023-20:32:26] [TRT-LLM] [I] Weights loaded. Total time: 00:01:01                                                                                                                                                                                
[10/24/2023-20:32:27] [TRT-LLM] [I] Context FMHA Enabled                                                                                                                                                                                        
[10/24/2023-20:32:27] [TRT-LLM] [I] Remove Padding Enabled                                                                                                                                                                                      
[10/24/2023-20:32:27] [TRT-LLM] [I] Build TensorRT engine llama_float16_tp2_rank0.engine                                                                                                                                                        
[10/24/2023-20:32:27] [TRT] [W] Unused Input: position_ids                                                                                                                                                                                      
[10/24/2023-20:32:27] [TRT] [W] [RemoveDeadLayers] Input Tensor position_ids is unused or used only at compile-time, but is not being removed.                                                                                                  
[10/24/2023-20:32:27] [TRT] [I] [MemUsageChange] Init cuBLAS/cuBLASLt: CPU +0, GPU +8, now: CPU 34548, GPU 7347 (MiB)                                                                                                                           
[10/24/2023-20:32:27] [TRT] [I] [MemUsageChange] Init cuDNN: CPU +2, GPU +10, now: CPU 34550, GPU 7357 (MiB)                                                                                                                                    
[10/24/2023-20:32:27] [TRT] [I] Global timing cache in use.
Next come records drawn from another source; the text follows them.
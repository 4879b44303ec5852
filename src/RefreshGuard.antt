-- ===== src/RefreshGuard.antt =====
-- src/services/oauth_refresh_guard.rs: the locks of the accounts, and the tasks that take them in any order. The mutexes of
-- tokio are numbers, with the task that owns one.
pub mod Serial
pub mod Refresh
use clewdr_hub.Common.{
  ℕ, ◌+◌, ◌≡◌, Bool, true, false, Option, none, some, List, [], ◌∷◌, is_some, get, insert, remove,
}

-- `OAuthRefreshGuard`, with the number of mutexes made and the owners of those that are locked.
pub record OauthRefreshGuard : Type 0 where
  pub registry : List (ℕ × ℕ)
  pub made : ℕ
  pub owners : List (ℕ × ℕ)

-- A task that has called `lock` for an account: it waits for a mutex, or it has the guard of one.
pub data Phase : Type 0 where
  waiting holding : ℕ → ℕ → Phase

pub record Tasks : Type 0 where
  pub guard : OauthRefreshGuard
  pub phases : List (ℕ × Phase)

-- `OAuthRefreshGuard::new`.
abbrev pub new_tasks : Tasks
new_tasks = record { guard = record { registry = []; made = 0; owners = [] }; phases = [] }

-- The first half of `lock`: the mutex of an account, which is made if there is none.
abbrev pub entry : ℕ → Option ℕ → OauthRefreshGuard → ℕ × OauthRefreshGuard
entry account_id (some mutex) g = (mutex, g)
entry account_id none g =
    (g.made, record g { registry = insert account_id g.made g.registry; made = g.made + 1 })

-- `forget`.
unfoldable pub forget : ℕ → OauthRefreshGuard → OauthRefreshGuard
forget account_id g = record g { registry = remove account_id g.registry }

-- A task calls `lock`, gets the mutex, drops the guard or the call, or an account is forgotten.
pub data Event : Type 0 where
  called : ℕ → ℕ → Event
  locked dropped : ℕ → Event
  forgotten : ℕ → Event

abbrev pub lock_owned : ℕ → ℕ → ℕ → Bool → Tasks → Tasks
lock_owned task account_id mutex true s = s
lock_owned task account_id mutex false s = record {
  guard = record (s.guard) { owners = insert mutex task s.guard.owners };
  phases = insert task (holding account_id mutex) s.phases;
}

abbrev pub lock_phase : ℕ → Option Phase → Tasks → Tasks
lock_phase task none s = s
lock_phase task (some (holding account_id mutex)) s = s
lock_phase task (some (waiting account_id mutex)) s =
    lock_owned task account_id mutex (is_some (get mutex s.guard.owners)) s

abbrev pub drop_phase : ℕ → Option Phase → Tasks → Tasks
drop_phase task none s = s
drop_phase task (some (waiting account_id mutex)) s = record s { phases = remove task s.phases }
drop_phase task (some (holding account_id mutex)) s = record {
  guard = record (s.guard) { owners = remove mutex s.guard.owners };
  phases = remove task s.phases;
}

abbrev pub call_phase : ℕ → ℕ → Option Phase → Tasks → Tasks
call_phase task account_id (some phase) s = s
call_phase task account_id none s =
    let mutex = entry account_id (get account_id s.guard.registry) s.guard in
    record { guard = mutex.1; phases = insert task (waiting account_id mutex.0) s.phases }

-- What an event makes of the tasks; one that cannot happen changes nothing.
unfoldable pub happen : Event → Tasks → Tasks
happen (called task account_id) s = call_phase task account_id (get task s.phases) s
happen (locked task) s = lock_phase task (get task s.phases) s
happen (dropped task) s = drop_phase task (get task s.phases) s
happen (forgotten account_id) s = record s { guard = forget account_id s.guard }

unfoldable pub run : List Event → Tasks → Tasks
run [] s = s
run (e ∷ es) s = run es (happen e s)
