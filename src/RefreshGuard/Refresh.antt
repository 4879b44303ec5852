-- ===== src/RefreshGuard/Refresh.antt =====
-- src/claude_code_state/chat.rs, `persist_oauth_refresh`: the refreshes of tokens under the locks. A refresh token is the
-- account it was issued for and its number; the upstream issues a new one for each that it is presented. The database
-- stores the token of an account, and the pool may have one in memory. A task that fails, also because the upstream refuses
-- the exchange, or that is cancelled drops its guard.
pub mod Safe
pub mod Steps
pub mod Pooled
pub mod Writes
pub mod SingleUse
use clewdr_hub.Common.{
  ℕ, ◌+◌, Bool, true, false, Option, none, some, List, [], ◌∷◌, if◌then◌else◌, is_some_and, ◌==◌,
  get, insert, remove, modify,
}
use clewdr_hub.RefreshGuard.{
  Phase, waiting, holding, Tasks, new_tasks, Event, called, locked, dropped, happen,
}

-- How far a task is under its guard: it has read a token, it has presented it and got a new one, or it has also written
-- that one to the database.
pub data Progress : Type 0 where
  read_token : ℕ → ℕ → Progress
  exchanged written : ℕ → ℕ → ℕ → Progress

-- The tasks, the token that is stored for an account and the one that the pool has of it, how many were issued, how far the tasks are, and the tokens that
-- were presented.
pub record Refreshes : Type 0 where
  pub tasks : Tasks
  pub stored : List (ℕ × ℕ)
  pub pooled : List (ℕ × ℕ)
  pub issued : ℕ
  pub current : List (ℕ × Progress)
  pub presented : List (ℕ × ℕ)

-- A task calls for a guard, takes or drops it, reads the token, or falls back on one that it has from before, presents it,
-- writes the new one to the database and then to the pool; or the token is replaced from outside, in the database and in
-- the pool, or the pool loads the one of the database, or has none any more.
pub data RefreshEvent : Type 0 where
  calls : ℕ → ℕ → RefreshEvent
  locks drops reads presents stores updates : ℕ → RefreshEvent
  falls_back : ℕ → ℕ → RefreshEvent
  replaced pools unpools : ℕ → RefreshEvent

-- The token of the pool, or else the one of the database.
abbrev pub find_token : Option ℕ → Option ℕ → Option ℕ
find_token (some token) stored = some token
find_token none stored = stored

abbrev pub read_stored : ℕ → ℕ → Option ℕ → Refreshes → Refreshes
read_stored task account_id none s = s
read_stored task account_id (some token) s = record s {
  current = insert task (read_token account_id token) s.current;
}

abbrev pub read_phase : ℕ → Option Phase → Option Progress → Refreshes → Refreshes
read_phase task phase (some progress) s = s
read_phase task none none s = s
read_phase task (some (waiting account_id mutex)) none s = s
read_phase task (some (holding account_id mutex)) none s =
    read_stored task account_id (find_token (get account_id s.pooled) (get account_id s.stored)) s

-- The token that the task has from before it has the guard.
abbrev pub fall_back : ℕ → ℕ → Option Phase → Option Progress → Refreshes → Refreshes
fall_back task token phase (some progress) s = s
fall_back task token none none s = s
fall_back task token (some (waiting account_id mutex)) none s = s
fall_back task token (some (holding account_id mutex)) none s =
    read_stored task account_id (some token) s

abbrev pub present : ℕ → Option Progress → Refreshes → Refreshes
present task none s = s
present task (some (exchanged account_id token fresh)) s = s
present task (some (written account_id token fresh)) s = s
present task (some (read_token account_id token)) s = record s {
  issued = s.issued + 1;
  current = insert task (exchanged account_id token s.issued) s.current;
  presented = (account_id, token) ∷ s.presented;
}

abbrev pub is_current : ℕ → ℕ → List (ℕ × ℕ) → Bool
is_current account_id token tokens = is_some_and (get account_id tokens) (λ k. k == token)

-- `upsert_account_oauth`: the new token is written if the one that was presented is still stored; if it is not, the task
-- is at its end.
abbrev pub store_if : ℕ → ℕ → ℕ → ℕ → Bool → Refreshes → Refreshes
store_if task account_id token fresh true s = record s {
  stored = insert account_id fresh s.stored;
  current = insert task (written account_id token fresh) s.current;
}
store_if task account_id token fresh false s = record s { current = remove task s.current }

abbrev pub store : ℕ → Option Progress → Refreshes → Refreshes
store task none s = s
store task (some (read_token account_id token)) s = s
store task (some (written account_id token fresh)) s = s
store task (some (exchanged account_id token fresh)) s =
    store_if task account_id token fresh (is_current account_id token s.stored) s

-- `update_credential_if_current`.
abbrev pub update_if_current : ℕ → ℕ → ℕ → List (ℕ × ℕ) → List (ℕ × ℕ)
update_if_current account_id token fresh pooled =
    if is_current account_id token pooled then insert account_id fresh pooled else pooled

abbrev pub update : ℕ → Option Progress → Refreshes → Refreshes
update task none s = s
update task (some (read_token account_id token)) s = s
update task (some (exchanged account_id token fresh)) s = s
update task (some (written account_id token fresh)) s = record s {
  pooled = update_if_current account_id token fresh s.pooled;
  current = remove task s.current;
}

-- The pool has what is found.
abbrev pub pool_token : ℕ → Option ℕ → List (ℕ × ℕ) → List (ℕ × ℕ)
pool_token account_id (some token) pooled = insert account_id token pooled
pool_token account_id none pooled = remove account_id pooled

unfoldable pub turn : RefreshEvent → Refreshes → Refreshes
turn (calls task account_id) s = record s { tasks = happen (called task account_id) s.tasks }
turn (locks task) s = record s { tasks = happen (locked task) s.tasks }
turn (drops task) s = record s {
  tasks = happen (dropped task) s.tasks;
  current = remove task s.current;
}
turn (reads task) s = read_phase task (get task s.tasks.phases) (get task s.current) s
turn (presents task) s = present task (get task s.current) s
turn (stores task) s = store task (get task s.current) s
turn (updates task) s = update task (get task s.current) s
turn (falls_back task token) s =
    fall_back task token (get task s.tasks.phases) (get task s.current) s
turn (pools account_id) s = record s {
  pooled = pool_token account_id (get account_id s.stored) s.pooled;
}
turn (unpools account_id) s = record s { pooled = remove account_id s.pooled }
turn (replaced account_id) s = record s {
  stored = insert account_id s.issued s.stored;
  pooled = modify account_id (λ k. s.issued) s.pooled;
  issued = s.issued + 1;
}

unfoldable pub turns : List RefreshEvent → Refreshes → Refreshes
turns [] s = s
turns (e ∷ es) s = turns es (turn e s)

abbrev pub no_refreshes : Refreshes
no_refreshes = record {
  tasks = new_tasks;
  stored = [];
  pooled = [];
  issued = 0;
  current = [];
  presented = [];
}
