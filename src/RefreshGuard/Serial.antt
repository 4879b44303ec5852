-- ===== src/RefreshGuard/Serial.antt =====
-- src/services/oauth_refresh_guard.rs: the refreshes of an account follow each other.
use clewdr_hub.Common.{
  ℕ, ◌≡◌, refl, Bool, true, false, Option, none, some, List, [], ◌∷◌, is_some, get, insert,
  get-insert, get-remove, arith,
}
use clewdr_hub.RefreshGuard.{
  Phase, waiting, holding, Tasks, new_tasks, entry, Event, called, locked, dropped, forgotten,
  lock_owned, lock_phase, drop_phase, call_phase, happen, run,
}

-- The accounts and mutexes of the tasks are those of the registry, and a task that holds a mutex owns it.
pub record IsSerial (s : Tasks) : Type 0 where
  pub waits : (t a m : ℕ) → get t s.phases ≡ some (waiting a m) → get a s.guard.registry ≡ some m
  pub holds : (t a m : ℕ) → get t s.phases ≡ some (holding a m) → get a s.guard.registry ≡ some m
  pub owns : (t a m : ℕ) → get t s.phases ≡ some (holding a m) → get m s.guard.owners ≡ some t

-- No account is forgotten.
abbrev pub AreKept : List Event → Type 0
AreKept [] = Unit {0}
AreKept (forgotten a ∷ es) = ⊥
AreKept (called t a ∷ es) = AreKept es
AreKept (locked t ∷ es) = AreKept es
AreKept (dropped t ∷ es) = AreKept es

called-IsSerial :
    (t a : ℕ) (found : Option ℕ) (s : Tasks)
    → get a s.guard.registry ≡ found
    → IsSerial s
    → IsSerial (record {
      guard = (entry a found s.guard).1;
      phases = insert t (waiting a (entry a found s.guard).0) s.phases;
    })
called-IsSerial t a (some m) s h w = record {
  waits = λ u b n e. ground (arith, get-insert t u (waiting a m) s.phases, e, w.waits u b n, h);
  holds = λ u b n e. w.holds u b n (ground (arith, get-insert t u (waiting a m) s.phases, e));
  owns = λ u b n e. w.owns u b n (ground (arith, get-insert t u (waiting a m) s.phases, e));
}
called-IsSerial t a none s h w = record {
  waits = λ u b n e. ground (
    arith,
    get-insert t u (waiting a s.guard.made) s.phases,
    get-insert a b s.guard.made s.guard.registry,
    e,
    w.waits u b n,
    h,
  );
  holds = λ u b n e. ground (
    arith,
    get-insert t u (waiting a s.guard.made) s.phases,
    get-insert a b s.guard.made s.guard.registry,
    e,
    w.holds u b n,
    h,
  );
  owns =
      λ u b n e. w.owns u b n (ground (arith, get-insert t u (waiting a s.guard.made) s.phases, e));
}

pub call_phase-IsSerial :
    (t a : ℕ) (ph : Option Phase) (s : Tasks) → IsSerial s → IsSerial (call_phase t a ph s)
call_phase-IsSerial t a (some ph) s w = w
call_phase-IsSerial t a none s w = called-IsSerial t a (get a s.guard.registry) s refl w

locked-IsSerial :
    (t a m : ℕ) (b : Bool) (s : Tasks)
    → is_some (get m s.guard.owners) ≡ b
    → get t s.phases ≡ some (waiting a m)
    → IsSerial s
    → IsSerial (lock_owned t a m b s)
locked-IsSerial t a m true s free h w = w
locked-IsSerial t a m false s free h w = record {
  waits = λ u b n e. w.waits u b n (ground (arith, get-insert t u (holding a m) s.phases, e));
  holds = λ u b n e.
      ground (arith, get-insert t u (holding a m) s.phases, e, w.waits t a m h, w.holds u b n);
  owns = λ u b n e. ground (
    arith,
    get-insert t u (holding a m) s.phases,
    get-insert m n t s.guard.owners,
    e,
    w.owns u b n,
    free,
  );
}

pub dropped-IsSerial :
    (t : ℕ) (ph : Option Phase) (s : Tasks)
    → get t s.phases ≡ ph
    → IsSerial s
    → IsSerial (drop_phase t ph s)
dropped-IsSerial t none s h w = w
dropped-IsSerial t (some (waiting a m)) s h w = record {
  waits = λ u b n e. w.waits u b n (ground (arith, get-remove t u s.phases, e));
  holds = λ u b n e. w.holds u b n (ground (arith, get-remove t u s.phases, e));
  owns = λ u b n e. w.owns u b n (ground (arith, get-remove t u s.phases, e));
}
dropped-IsSerial t (some (holding a m)) s h w = record {
  waits = λ u b n e. w.waits u b n (ground (arith, get-remove t u s.phases, e));
  holds = λ u b n e. w.holds u b n (ground (arith, get-remove t u s.phases, e));
  owns = λ u b n e. ground (
    arith,
    get-remove t u s.phases,
    get-remove m n s.guard.owners,
    e,
    w.owns u b n,
    w.owns t a m h,
  );
}

pub lock_phase-IsSerial :
    (t : ℕ) (ph : Option Phase) (s : Tasks)
    → get t s.phases ≡ ph
    → IsSerial s
    → IsSerial (lock_phase t ph s)
lock_phase-IsSerial t none s h w = w
lock_phase-IsSerial t (some (holding a m)) s h w = w
lock_phase-IsSerial t (some (waiting a m)) s h w = locked-IsSerial t a m _ s refl h w

run-IsSerial : (es : List Event) (s : Tasks) → AreKept es → IsSerial s → IsSerial (run es s)
unfolding run happen
run-IsSerial [] s k w = w
run-IsSerial (called t a ∷ es) s k w =
    run-IsSerial es _ k (call_phase-IsSerial t a (get t s.phases) s w)
run-IsSerial (locked t ∷ es) s k w =
    run-IsSerial es _ k (lock_phase-IsSerial t (get t s.phases) s refl w)
run-IsSerial (dropped t ∷ es) s k w =
    run-IsSerial es _ k (dropped-IsSerial t (get t s.phases) s refl w)
run-IsSerial (forgotten a ∷ es) s k w = absurd k

pub new_tasks-IsSerial : IsSerial new_tasks
unfolding get
new_tasks-IsSerial = record { waits = λ u b n e. cc; holds = λ u b n e. cc; owns = λ u b n e. cc }

-- Whatever tasks call `lock`, get their mutexes, drop their guards and give up, in any order: while no account is
-- forgotten, no two tasks hold the lock of one account.
pub run-serial :
    (es : List Event) (account_id t u m n : ℕ)
    → AreKept es
    → get t (run es new_tasks).phases ≡ some (holding account_id m)
    → get u (run es new_tasks).phases ≡ some (holding account_id n)
    → t ≡ u
run-serial es account_id t u m n k h g =
    let w = run-IsSerial es new_tasks k new_tasks-IsSerial in
    ground (
      arith,
      w.holds t account_id m h,
      w.holds u account_id n g,
      w.owns t account_id m h,
      w.owns u account_id n g,
    )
Profiling results in this builder pass will be stored.     
[10/24/2023-20:32:50] [TRT] [W] Tactic Device request: 66048MB Available: 48676MB. Device memory is insufficient to use tactic.
[10/24/2023-20:32:50] [TRT] [W] UNSUPPORTED_STATESkipping tactic 2 due to insufficient memory on requested size of 66048 detected for tactic 0x000000000000001a.
[10/24/2023-20:32:54] [TRT] [I] [GraphReduction] The approximate region cut reduction algorithm is called.
[10/24/2023-20:32:54] [TRT] [I] Detected 57 inputs and 51 output network tensors.
[10/24/2023-20:33:02] [TRT] [I] Total Host Persistent Memory: 147984
[10/24/2023-20:33:02] [TRT] [I] Total Device Persistent Memory: 0
[10/24/2023-20:33:02] [TRT] [I] Total Scratch Memory: 33620096
[10/24/2023-20:33:02] [TRT] [I] [BlockAssignment] Started assigning block shifts. This will take 924 steps to complete.
[10/24/2023-20:33:02] [TRT] [I] [BlockAssignment] Algorithm ShiftNTopDown took 30.3485ms to assign 11 blocks to 924 nodes requiring 1384123392 bytes.
[10/24/2023-20:33:02] [TRT] [I] Total Activation Memory: 1384123392
[10/24/2023-20:33:02] [TRT] [I] Total Weights Memory: 34006908952
[10/24/2023-20:33:02] [TRT] [I] [MemUsageChange] Init cuBLAS/cuBLASLt: CPU +0, GPU +8, now: CPU 35115, GPU 39801 (MiB)
[10/24/2023-20:33:02] [TRT] [I] [MemUsageChange] Init cuDNN: CPU +0, GPU +10, now: CPU 35115, GPU 39811 (MiB)
[10/24/2023-20:33:02] [TRT] [I] [MemUsageStats] Peak memory usage of TRT CPU/GPU memory allocators: CPU 1000 MiB, GPU 32432 MiB
[10/24/2023-20:33:02] [TRT] [I] [MemUsageChange] TensorRT-managed allocation in building engine: CPU +0, GPU +32432, now: CPU 0, GPU 32432 (MiB)
[10/24/2023-20:33:12] [TRT] [I] [MemUsageStats] Peak memory usage during Engine building and serialization: CPU: 103590 MiB
[10/24/2023-20:33:12] [TRT-LLM] [I] Total time of building llama_float16_tp2_rank0.engine: 00:00:44
[10/24/2023-20:33:12] [TRT-LLM] [I] Config saved to codellama_34b/config.json.
[10/24/2023-20:33:12] [TRT-LLM] [I] Serializing engine to codellama_34b/llama_float16_tp2_rank0.engine...
[10/24/2023-20:33:55] [TRT-LLM] [I] Engine serialized. Total time: 00:00:42
[10/24/2023-20:34:05] [TRT-LLM] [I] Loading weights from Meta LLaMA checkpoints ...
Killed

I’m using release-0.5 and the docker setup. Please let me know if there’s any additional information that would help with debugging this.

About this issue

Original URL
State: closed
Created 8 months ago
Comments: 26

Most upvoted comments

Hi all, sorry for your inconvenience in engine build.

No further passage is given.